BROOKE GLADSTONE: So you came in with attitude and you went out with attitude. How did your attitude change?
TED RALL:Well I-- I'm not going to lie. I was scared to death. I was with -- in a convoy with 45 journalists total, 3 of whom were killed, so 42 of us came back. And really from the moment that I entered the country to the second that I left on the barge with the coffin of one of the 3 who were killed, I was terrified. And in that respect my attitude did change to one of utter humility. At the same time I also found myself becoming incredibly more cynical than I already was before I left in that I expected, for instance, some mistaken bombings of-- of, of civilian targets when in fact there was wholesale carpet bombing of entire cities and districts that had been firmly in Northern Alliance hands for weeks, and in my view the, the United States and its allies were more interested in leveling Afghanistan completely than in running any kind of sort of precision war as Rumsfeld would have us believe. And at the same time I was kind of disgusted with the local Afghans for viewing us as walking money bags and trying to rob us and, and kill us for our money, simply because, because we had it when we were there-- we were the only people who were going to be their advocates and tell the truth for them, and there was -- just nothing was like I expected it.

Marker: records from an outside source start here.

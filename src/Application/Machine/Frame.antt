-- ===== src/Application/Machine/Frame.antt =====
-- What the handlers of the application machine keep: a property that an output and a change of the
-- application state keep.
use openscreen_rs.Base.{ℕ, ◌≡◌, false, List, [], ◌∷◌, Outcome, ok, err, panic}
use openscreen_rs.Base.Keeps.{
  Keeps, keeps_rules, Keeps-pure, Keeps-bind, Keeps-if, Keeps-raise, Keeps-fault,
}
use openscreen_rs.Deps.{Deps}
use openscreen_rs.Common.{MessageError}
use openscreen_rs.Network.{NetworkEvent, NetworkInput, NetworkOutput}
use openscreen_rs.Application.{ApplicationOutput, ApplicationEvent, ApplicationState}
use openscreen_rs.Application.Enumerations.{PresentationResult}
use openscreen_rs.Application.Messages.{ApplicationMessage}
use openscreen_rs.Application.Machine.{
  Held, authenticated_only, take_request_id, encode_request, emit_output, send, enter,
}
use openscreen_rs.Application.Machine.Commands.{
  collect_urls, handle_start_presentation, handle_terminate_presentation,
  handle_check_url_availability, handle_open_presentation_connection,
  handle_send_presentation_message, handle_close_presentation_connection,
  handle_request_agent_status, handle_request_agent_info,
}
use openscreen_rs.Application.Machine.Receives.{
  report, handle_start_result, handle_open_result, copy_message, handle_application_message,
  handle_in_network, convert_event, convert_output, convert_outputs, handle_network_event,
  handle_decoded, handle_data_received,
}
use openscreen_rs.Application.Machine.Input.{dispatch_input}
use openscreen_rs.Application.Machine.Requests.{Command, input_of, is_numbered}

abbrev pub IsOther : ApplicationOutput → Type 0
IsOther (ApplicationOutput.send_data stream bytes) = ⊥
IsOther _ = Unit {0}

module _ (d : Deps) {I : Held → Type 0}
    (pushes : (output : ApplicationOutput) → IsOther output → Keeps I (emit_output d output))
    (enters : (app_state : ApplicationState) → Keeps I (enter app_state)) where
  report-Keeps : (happened : ApplicationEvent) → Keeps I (report d happened)
  unfolding report
  report-Keeps happened = pushes _ tt

  start_result-Keeps :
      (result : PresentationResult) (connection_id : ℕ)
      → Keeps I (handle_start_result d result connection_id)
  unfolding handle_start_result
  start_result-Keeps PresentationResult.success connection_id =
      search (keeps_rules, enters, report-Keeps)
  start_result-Keeps _ connection_id = report-Keeps _

  open_result-Keeps :
      (result : PresentationResult) (connection_id : ℕ)
      → Keeps I (handle_open_result d result connection_id)
  unfolding handle_open_result
  open_result-Keeps PresentationResult.success connection_id = report-Keeps _
  open_result-Keeps _ connection_id = Keeps-pure tt

  copy-Keeps : (message : List ℕ) → Keeps I (copy_message d message)
  unfolding copy_message
  copy-Keeps message = Keeps-if _ _ _ (Keeps-pure _) (Keeps-raise _)

  -- A message from the peer.
  pub message-Keeps : (msg : ApplicationMessage) → Keeps I (handle_application_message d msg)
  unfolding handle_application_message
  message-Keeps (ApplicationMessage.agent_info_response response) = report-Keeps _
  message-Keeps (ApplicationMessage.agent_status_response response) = report-Keeps _
  message-Keeps (ApplicationMessage.agent_info_event happened) = report-Keeps _
  message-Keeps (ApplicationMessage.presentation_start_response response) = start_result-Keeps _ _
  message-Keeps (ApplicationMessage.presentation_termination_event happened) =
      Keeps-bind _ _ (enters _) (λ _. report-Keeps _)
  message-Keeps (ApplicationMessage.presentation_connection_open_response response) =
      open_result-Keeps _ _
  message-Keeps (ApplicationMessage.presentation_connection_message msg) =
      Keeps-bind _ _ (copy-Keeps _) (λ message_vec. report-Keeps _)
  message-Keeps (ApplicationMessage.presentation_connection_close_event happened) = report-Keeps _
  message-Keeps (ApplicationMessage.presentation_change_event happened) = report-Keeps _
  message-Keeps _ = Keeps-pure tt

  event-Keeps : (happened : NetworkEvent) → Keeps I (convert_event d happened)
  unfolding convert_event
  event-Keeps NetworkEvent.authenticated = search (keeps_rules, enters, report-Keeps)
  event-Keeps (NetworkEvent.authentication_failed e) = report-Keeps _

  output-Keeps : (output : NetworkOutput) → Keeps I (convert_output d output)
  unfolding convert_output
  output-Keeps (NetworkOutput.send_message msg) = Keeps-pure tt
  output-Keeps (NetworkOutput.send_data bytes) = Keeps-pure tt
  output-Keeps (NetworkOutput.event happened) = event-Keeps happened
  output-Keeps _ = pushes _ tt

  -- The outputs of the network layer.
  pub outputs-Keeps : (outputs : List NetworkOutput) → Keeps I (convert_outputs d outputs)
  unfolding convert_outputs
  outputs-Keeps [] = Keeps-pure tt
  outputs-Keeps (output ∷ outputs) =
      Keeps-bind _ _ (output-Keeps output) (λ _. outputs-Keeps outputs)

module _ (d : Deps) {I : Held → Type 0}
    (pushes : (output : ApplicationOutput) → IsOther output → Keeps I (emit_output d output))
    (enters : (app_state : ApplicationState) → Keeps I (enter app_state))
    (hands : (input : NetworkInput) → Keeps I (handle_in_network d input)) where
  -- An input that is passed on, and bytes from the peer.
  pub network-Keeps : (input : NetworkInput) → Keeps I (handle_network_event d input)
  unfolding handle_network_event
  network-Keeps input =
      Keeps-bind _ _ (hands input) (λ outputs. outputs-Keeps d pushes enters outputs)

  decoded-Keeps :
      (stream : ℕ) (bytes : List ℕ) (r : Outcome MessageError ApplicationMessage)
      → Keeps I (handle_decoded d stream bytes r)
  unfolding handle_decoded
  decoded-Keeps stream bytes (ok msg) = message-Keeps d pushes enters msg
  decoded-Keeps stream bytes (err e) = network-Keeps _
  decoded-Keeps stream bytes panic = Keeps-fault

  pub data-Keeps : (stream : ℕ) (bytes : List ℕ) → Keeps I (handle_data_received d stream bytes)
  unfolding handle_data_received
  data-Keeps stream bytes = decoded-Keeps stream bytes _

gate-Keeps : {I : Held → Type 0} → Keeps I authenticated_only
unfolding authenticated_only
gate-Keeps = search keeps_rules

module _ (d : Deps) {I : Held → Type 0}
    (pushes : (output : ApplicationOutput) → Keeps I (emit_output d output)) where
  encode-Keeps : (msg : ApplicationMessage) → Keeps I (encode_request d msg)
  unfolding encode_request
  encode-Keeps msg = record { at = λ s h. h }

  pub send-Keeps : (msg : ApplicationMessage) → Keeps I (send d msg)
  unfolding send
  send-Keeps msg = search (keeps_rules, encode-Keeps, pushes)

  pub collect-Keeps : (urls acc : List (List ℕ)) → Keeps I (collect_urls d urls acc)
  unfolding collect_urls
  collect-Keeps [] acc = Keeps-pure acc
  collect-Keeps (url ∷ urls) acc = Keeps-if _ _ _ (collect-Keeps urls _) (Keeps-raise _)

  -- A command of the user that takes no request id, and any command.
  pub unnumbered-Keeps :
      (c : Command) → is_numbered c ≡ false → Keeps I (dispatch_input d (input_of c))
  unfolding dispatch_input handle_send_presentation_message handle_close_presentation_connection
  unnumbered-Keeps (Command.send_message connection_id message) h =
      search (keeps_rules, gate-Keeps, send-Keeps)
  unnumbered-Keeps (Command.close connection_id reason) h =
      search (keeps_rules, gate-Keeps, send-Keeps)
  unnumbered-Keeps _ h = cc

  pub command-Keeps :
      Keeps I take_request_id → (c : Command) → Keeps I (dispatch_input d (input_of c))
  unfolding dispatch_input handle_start_presentation handle_terminate_presentation
      handle_check_url_availability handle_open_presentation_connection
      handle_send_presentation_message handle_close_presentation_connection
      handle_request_agent_status handle_request_agent_info
  command-Keeps takes (Command.check urls watch_duration) = Keeps-bind _ _ gate-Keeps (λ _.
      Keeps-bind _ _ takes
        (λ request_id. Keeps-bind _ _ (collect-Keeps urls []) (λ url_vec. send-Keeps _)))
  command-Keeps takes (Command.send_message connection_id message) =
      Keeps-bind _ _ gate-Keeps (λ _. send-Keeps _)
  command-Keeps takes (Command.close connection_id reason) =
      Keeps-bind _ _ gate-Keeps (λ _. send-Keeps _)
  command-Keeps takes _ =
      Keeps-bind _ _ gate-Keeps (λ _. Keeps-bind _ _ takes (λ request_id. send-Keeps _))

BROOKE GLADSTONE: How did you translate these experiences into your cartoons?
TED RALL:It's hard to convey how going to a place and doing research translates itself to cartoon form. Some people e-mailed me and said you know I couldn't tell from your cartoons that you'd actually been there. Other people said they could, and I sort of know it, because I have a - a real true sense of what - at least my part of Afghanistan looked like at a certain point in time. And one of the great criticisms I have of political cartoonists in general is that we tend to just read the paper and react to the headlines and then spew off an opinion, so generally I don't do a lot of foreign affairs cartooning, because you know what -- I never went to Kosovo. I've never even been to the Balkans. So what do I know about it? All I know is what's being reported which is doubtlessly being spun.

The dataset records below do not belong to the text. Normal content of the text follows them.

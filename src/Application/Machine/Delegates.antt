-- ===== src/Application/Machine/Delegates.antt =====
-- What the application machine does to the authentication below it: it runs it, on the inputs that it
-- passes on, and nothing else.
use openscreen_rs.Base.{
  ℕ, ◌≡◌, ◌∙◌, refl, ap, sym, true, false, Option, none, some, List, [], ◌∷◌, arith, Outcome, ok,
  err, panic, fault, lift, ◌>>=◌,
}
use openscreen_rs.Base.Keeps.{Keeps, Keeps-bind, Keeps-lift}
use openscreen_rs.Deps.{Deps, Laws}
use openscreen_rs.Common.{MessageError}
use openscreen_rs.Network.{NetworkInput, NetworkOutput}
use openscreen_rs.Network.CryptoData.{new as new_crypto_data}
use openscreen_rs.Network.StateMachine.Context.{State}
use openscreen_rs.Network.StateMachine.Spake2.{
  Spake2StateMachine, new as network_new, handle, is_authenticated as network_is_authenticated,
}
use openscreen_rs.Network.StateMachine.Spake2.Final.{run}
use openscreen_rs.Application.{
  ApplicationInput, ApplicationOutput, ApplicationError, ApplicationState,
}
use openscreen_rs.Application.Messages.{ApplicationMessage}
use openscreen_rs.Application.Messages.Decode.Message.{decode_application_message}
use openscreen_rs.Application.Machine.{
  ApplicationStateMachine, Held, application_is_authenticated, take_request_id, emit_output, enter,
  new_application,
}
use openscreen_rs.Application.Machine.Receives.{
  handle_in_network, convert_outputs, handle_network_event, handle_decoded, handle_data_received,
}
use openscreen_rs.Application.Machine.Input.{dispatch_input, handle_input, run_application}
use openscreen_rs.Application.Machine.Requests.{Command, input_of}
use openscreen_rs.Network.StateMachine.Spake2.Evidence.{
  authenticated_evidence, meets, is_empty_result, is_ok_status,
}
use openscreen_rs.Network.StateMachine.Spake2.Frame.{config, handle-config}
use openscreen_rs.Application.Machine.Frame.{message-Keeps, outputs-Keeps, command-Keeps}

-- The input that is passed on: bytes only where they are no application message.
abbrev pub undecoded : ℕ → List ℕ → Outcome MessageError ApplicationMessage → Option NetworkInput
undecoded stream bytes (err e) = some (NetworkInput.data_received stream bytes)
undecoded stream bytes _ = none

state_of :
    (n : Spake2StateMachine) → network_is_authenticated n ≡ true → n.state ≡ State.authenticated
state_of n h = ground arith

module _ (d : Deps) where
  abbrev pub delegated_input : ApplicationInput → Option NetworkInput
  delegated_input ApplicationInput.transport_connected = some NetworkInput.transport_connected
  delegated_input (ApplicationInput.stream_opened id) = some (NetworkInput.stream_opened id)
  delegated_input (ApplicationInput.stream_closed id) = some (NetworkInput.stream_closed id)
  delegated_input (ApplicationInput.data_received stream bytes) =
      undecoded stream bytes (decode_application_message d bytes)
  delegated_input (ApplicationInput.crypto_completed result) =
      some (NetworkInput.crypto_completed result)
  delegated_input (ApplicationInput.tick timestamp) = some (NetworkInput.tick timestamp)
  delegated_input _ = none

  abbrev pub prepend : Option NetworkInput → List NetworkInput → List NetworkInput
  prepend none inputs = inputs
  prepend (some input) inputs = input ∷ inputs

  unfoldable pub delegated : List ApplicationInput → List NetworkInput
  delegated [] = []
  delegated (input ∷ inputs) = prepend (delegated_input input) (delegated inputs)

  abbrev after_input : Spake2StateMachine → Option NetworkInput → Spake2StateMachine
  after_input n none = n
  after_input n (some input) = (handle d n input []).machine

  abbrev IsNetwork : Spake2StateMachine → Held → Type 0
  IsNetwork n s = s.machine.network ≡ n

  pushes :
      (n : Spake2StateMachine) (output : ApplicationOutput)
      → Keeps (IsNetwork n) (emit_output d output)
  unfolding emit_output
  pushes n output = record { at = λ s h. h }

  enters :
      (n : Spake2StateMachine) (app_state : ApplicationState)
      → Keeps (IsNetwork n) (enter app_state)
  unfolding enter
  enters n app_state = record { at = λ s h. h }

  takes : (n : Spake2StateMachine) → Keeps (IsNetwork n) take_request_id
  unfolding take_request_id
  takes n = record { at = λ s h. h }

  result-IsNetwork :
      (n : Spake2StateMachine) (result : Outcome ApplicationError (List NetworkOutput)) (s : Held)
      → IsNetwork n s
      → IsNetwork n ((lift result >>= convert_outputs d) s).1
  result-IsNetwork n result s h =
      (Keeps-bind (lift result) (convert_outputs d) (Keeps-lift result)
          (λ outputs. outputs-Keeps d (λ output other. pushes n output) (enters n) outputs)).at
        s h

  event-network :
      (input : NetworkInput) (s : Held)
      → (handle_network_event d input s).1.machine.network
        ≡ (handle d s.machine.network input []).machine
  unfolding handle_network_event handle_in_network lift ◌>>=◌
  event-network input s = result-IsNetwork (handle d s.machine.network input []).machine _ _ refl

  decoded-network :
      (stream : ℕ) (bytes : List ℕ) (r : Outcome MessageError ApplicationMessage) (s : Held)
      → (handle_decoded d stream bytes r s).1.machine.network
        ≡ after_input s.machine.network (undecoded stream bytes r)
  unfolding handle_decoded fault
  decoded-network stream bytes (ok msg) s =
      (message-Keeps d (λ output h. pushes _ output) (enters _) msg).at s refl
  decoded-network stream bytes (err e) s = event-network (NetworkInput.data_received stream bytes) s
  decoded-network stream bytes panic s = refl

  command-network :
      (c : Command) (s : Held)
      → (dispatch_input d (input_of c) s).1.machine.network ≡ s.machine.network
  command-network c s = (command-Keeps d (pushes _) (takes _) c).at s refl

  input-network :
      (m : ApplicationStateMachine) (input : ApplicationInput) (outputs : List ApplicationOutput)
      → (handle_input d m input outputs).1.machine.network
        ≡ after_input m.network (delegated_input input)
  unfolding handle_input dispatch_input handle_data_received
  input-network m (ApplicationInput.data_received stream bytes) outputs =
      decoded-network stream bytes (decode_application_message d bytes) _
  input-network m ApplicationInput.transport_connected outputs = event-network _ _
  input-network m (ApplicationInput.stream_opened id) outputs = event-network _ _
  input-network m (ApplicationInput.stream_closed id) outputs = event-network _ _
  input-network m (ApplicationInput.crypto_completed result) outputs = event-network _ _
  input-network m (ApplicationInput.tick timestamp) outputs = event-network _ _
  input-network m (ApplicationInput.start_presentation url presentation_id) outputs =
      command-network (Command.start url presentation_id) _
  input-network m (ApplicationInput.terminate_presentation presentation_id reason) outputs =
      command-network (Command.terminate presentation_id reason) _
  input-network m (ApplicationInput.check_url_availability urls watch_duration) outputs =
      command-network (Command.check urls watch_duration) _
  input-network m (ApplicationInput.open_presentation_connection presentation_id url) outputs =
      command-network (Command.open_connection presentation_id url) _
  input-network m (ApplicationInput.send_presentation_message connection_id message) outputs =
      command-network (Command.send_message connection_id message) _
  input-network m (ApplicationInput.close_presentation_connection connection_id reason) outputs =
      command-network (Command.close connection_id reason) _
  input-network m (ApplicationInput.request_agent_status status_message) outputs =
      command-network (Command.ask_status status_message) _
  input-network m ApplicationInput.request_agent_info outputs = command-network Command.ask_info _

  run-prepend :
      (n : Spake2StateMachine) (input : Option NetworkInput) (inputs : List NetworkInput)
      → run d n (prepend input inputs) ≡ run d (after_input n input) inputs
  unfolding run
  run-prepend n none inputs = refl
  run-prepend n (some input) inputs = refl

  -- The authentication inside an application machine goes through the states that the network's own
  -- machine goes through on the inputs passed on: the transport, crypto and time inputs, and the bytes
  -- that are no application message. Commands and application messages do not touch it.
  pub application_refines :
      (m : ApplicationStateMachine) (inputs : List ApplicationInput)
      → (run_application d m inputs).network ≡ run d m.network (delegated inputs)
  unfolding run_application delegated run
  application_refines m [] = refl
  application_refines m (input ∷ inputs) =
      application_refines (handle_input d m input []).1.machine inputs
      ∙ ap (λ n. run d n (delegated inputs)) (input-network m input [])
      ∙ sym (run-prepend m.network (delegated_input input) (delegated inputs))

  -- An application machine that reports that it is authenticated has passed on to the network's
  -- machine an empty crypto result when that was in Computing, and a status message that says Ok when
  -- it was in AwaitingStatus.
  pub application_evidence :
      (inputs : List ApplicationInput)
      → application_is_authenticated (run_application d new_application inputs) ≡ true
      → (meets d is_empty_result (network_new new_crypto_data) (delegated inputs) ≡ true)
        × (meets d (is_ok_status d) (network_new new_crypto_data) (delegated inputs) ≡ true)
  application_evidence inputs h = authenticated_evidence d new_crypto_data (delegated inputs) (
      state_of (run d (network_new new_crypto_data) (delegated inputs))
        (ap network_is_authenticated (sym (application_refines new_application inputs)) ∙ h))

module _ (d : Deps) (laws : Laws d) where
  run-config :
      (n : Spake2StateMachine) (inputs : List NetworkInput)
      → config (run d n inputs).crypto_data ≡ config n.crypto_data
  unfolding run
  run-config n [] = refl
  run-config n (input ∷ inputs) =
      run-config (handle d n input []).machine inputs ∙ handle-config d laws n input []

  -- Whatever comes in, an application machine authenticates as the initiator, under an empty password
  -- and empty fingerprints: nothing sets them after ApplicationStateMachine::new.
  pub empty_password :
      (inputs : List ApplicationInput)
      → let c = (run_application d new_application inputs).network.crypto_data in
        (c.psk ≡ [])
        × (c.my_fingerprint ≡ [])
        × (c.peer_fingerprint ≡ [])
        × (c.is_responder ≡ false)
  empty_password inputs =
      let e : config (run_application d new_application inputs).network.crypto_data
          ≡ config new_crypto_data =
        ap (λ n. config n.crypto_data) (application_refines d new_application inputs)
        ∙ run-config (network_new new_crypto_data) (delegated d inputs) in
      (
        ap (λ c. c.psk) e,
        ap (λ c. c.my_fingerprint) e,
        ap (λ c. c.peer_fingerprint) e,
        ap (λ c. c.is_responder) e,
      )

BROOKE GLADSTONE: What has the reaction been in general to your work post-Afghanistan?
TED RALL:Of course I've been catching a lot of abuse since September 11th for being so-called quote/unquote "un-American," which of course means left of center.

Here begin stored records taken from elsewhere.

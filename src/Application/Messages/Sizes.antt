-- ===== src/Application/Messages/Sizes.antt =====
-- The sizes of the fields that the decoders of the application messages accept.
use openscreen_rs.Base.{
  ℕ, ◌^◌, ◌≤◌, ◌<◌, ◌≡◌, true, Option, none, some, List, Each, length, is_utf8,
}
use openscreen_rs.Common.{max_urls}
use openscreen_rs.Application.Kinds.{max_text_len}
use openscreen_rs.Application.Messages.{
  AgentInfo, Status, HttpHeader, ApplicationMessage, max_capabilities, max_locales, max_headers,
}

-- A text that minicbor reads, and one that the decoders accept where they check the length.
abbrev pub IsText : List ℕ → Type 0
IsText text = (is_utf8 text ≡ true) × (length text < 2 ^ 16)

abbrev pub IsShortText : List ℕ → Type 0
IsShortText text = (is_utf8 text ≡ true) × (length text ≤ max_text_len)

abbrev pub IsU64 : ℕ → Type 0
IsU64 x = x < 2 ^ 64

abbrev pub IsAgentInfo : AgentInfo → Type 0
IsAgentInfo info =
    IsShortText info.display_name
    × IsShortText info.model_name
    × (length info.capabilities ≤ max_capabilities)
    × IsShortText info.state_token
    × (length info.locales ≤ max_locales)
    × Each IsShortText info.locales

abbrev pub IsStatus : Option Status → Type 0
IsStatus none = Unit
IsStatus (some status) = IsShortText status.status

abbrev pub IsHeader : HttpHeader → Type 0
IsHeader header = IsShortText header.key × IsShortText header.value

abbrev pub IsHttpCode : Option ℕ → Type 0
IsHttpCode none = Unit
IsHttpCode (some http_code) = http_code < 2 ^ 16

abbrev pub IsErrorMessage : Option (List ℕ) → Type 0
IsErrorMessage none = Unit
IsErrorMessage (some error_message) = IsText error_message

abbrev pub IsDecodable : ApplicationMessage → Type 0
IsDecodable (ApplicationMessage.agent_info_request msg) = IsU64 msg.request_id
IsDecodable (ApplicationMessage.agent_info_response msg) =
    IsU64 msg.request_id × IsAgentInfo msg.agent_info
IsDecodable (ApplicationMessage.agent_status_request msg) =
    IsU64 msg.request_id × IsStatus msg.status
IsDecodable (ApplicationMessage.agent_status_response msg) =
    IsU64 msg.request_id × IsStatus msg.status
IsDecodable (ApplicationMessage.agent_info_event msg) = IsAgentInfo msg.agent_info
IsDecodable (ApplicationMessage.presentation_url_availability_request msg) =
    IsU64 msg.request_id
    × (length msg.urls ≤ max_urls)
    × Each IsText msg.urls
    × IsU64 msg.watch_duration
    × IsU64 msg.watch_id
IsDecodable (ApplicationMessage.presentation_url_availability_response msg) =
    IsU64 msg.request_id × (length msg.url_availabilities ≤ max_urls)
IsDecodable (ApplicationMessage.presentation_url_availability_event msg) =
    IsU64 msg.watch_id × (length msg.url_availabilities ≤ max_urls)
IsDecodable (ApplicationMessage.presentation_start_request msg) =
    IsU64 msg.request_id
    × IsShortText msg.presentation_id
    × IsShortText msg.url
    × (length msg.headers ≤ max_headers)
    × Each IsHeader msg.headers
IsDecodable (ApplicationMessage.presentation_start_response msg) =
    IsU64 msg.request_id × IsU64 msg.connection_id × IsHttpCode msg.http_response_code
IsDecodable (ApplicationMessage.presentation_termination_request msg) =
    IsU64 msg.request_id × IsText msg.presentation_id
IsDecodable (ApplicationMessage.presentation_termination_response msg) = IsU64 msg.request_id
IsDecodable (ApplicationMessage.presentation_termination_event msg) = IsText msg.presentation_id
IsDecodable (ApplicationMessage.presentation_connection_open_request msg) =
    IsU64 msg.request_id × IsText msg.presentation_id × IsText msg.url
IsDecodable (ApplicationMessage.presentation_connection_open_response msg) =
    IsU64 msg.request_id × IsU64 msg.connection_id × IsU64 msg.connection_count
IsDecodable (ApplicationMessage.presentation_connection_close_event msg) =
    IsU64 msg.connection_id × IsErrorMessage msg.error_message × IsU64 msg.connection_count
IsDecodable (ApplicationMessage.presentation_connection_message msg) =
    IsU64 msg.connection_id × (length msg.message < 2 ^ 16)
IsDecodable (ApplicationMessage.presentation_change_event msg) =
    IsText msg.presentation_id × IsU64 msg.connection_count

BROOKE GLADSTONE: But no big change?
TED RALL:It's-- Well you know what? The change is probably-- is - isn't really that noticeable to me for a couple of reasons. First of all I'm not on staff at any papers. I'm, I'm, I'm a syndicated cartoonist, so no one editor can ever fire me. And in essence I don't get a lot of pressure from my subscribers because the papers who buy my cartoons know that I was always an ornery, cantankerous pain in the butt for the ten years that I've been selling them my cartoons. They buy my cartoons because I offer a different point of view from mainstream political cartoons. They expected a different point of view and they got it, so the big difference has been to be demonized by major media outlets like The New Republic and the Wall Street Journal. Also what's interesting is that the people who are opposed to my coverage seem to have taken a different tack than they used to. In the past it was really common to write a pa-- a letter to the editor of a paper and say okay, I'm going to cancel my subscription. I can't stand this, this guy's cartoon. Now they write to the advertisers of that newspaper and ask them to pull their product placements from the newspaper unless the newspaper cancels my cartoon. They've become savvier but also they're really into silencing people's voices, and also I've, I've - have to say I've never had - collected such an awesome array of death threats.
BROOKE GLADSTONE: Syndicated cartoonist Ted Rall. You can find a link to his cartoons on our web site at onthemedia.org.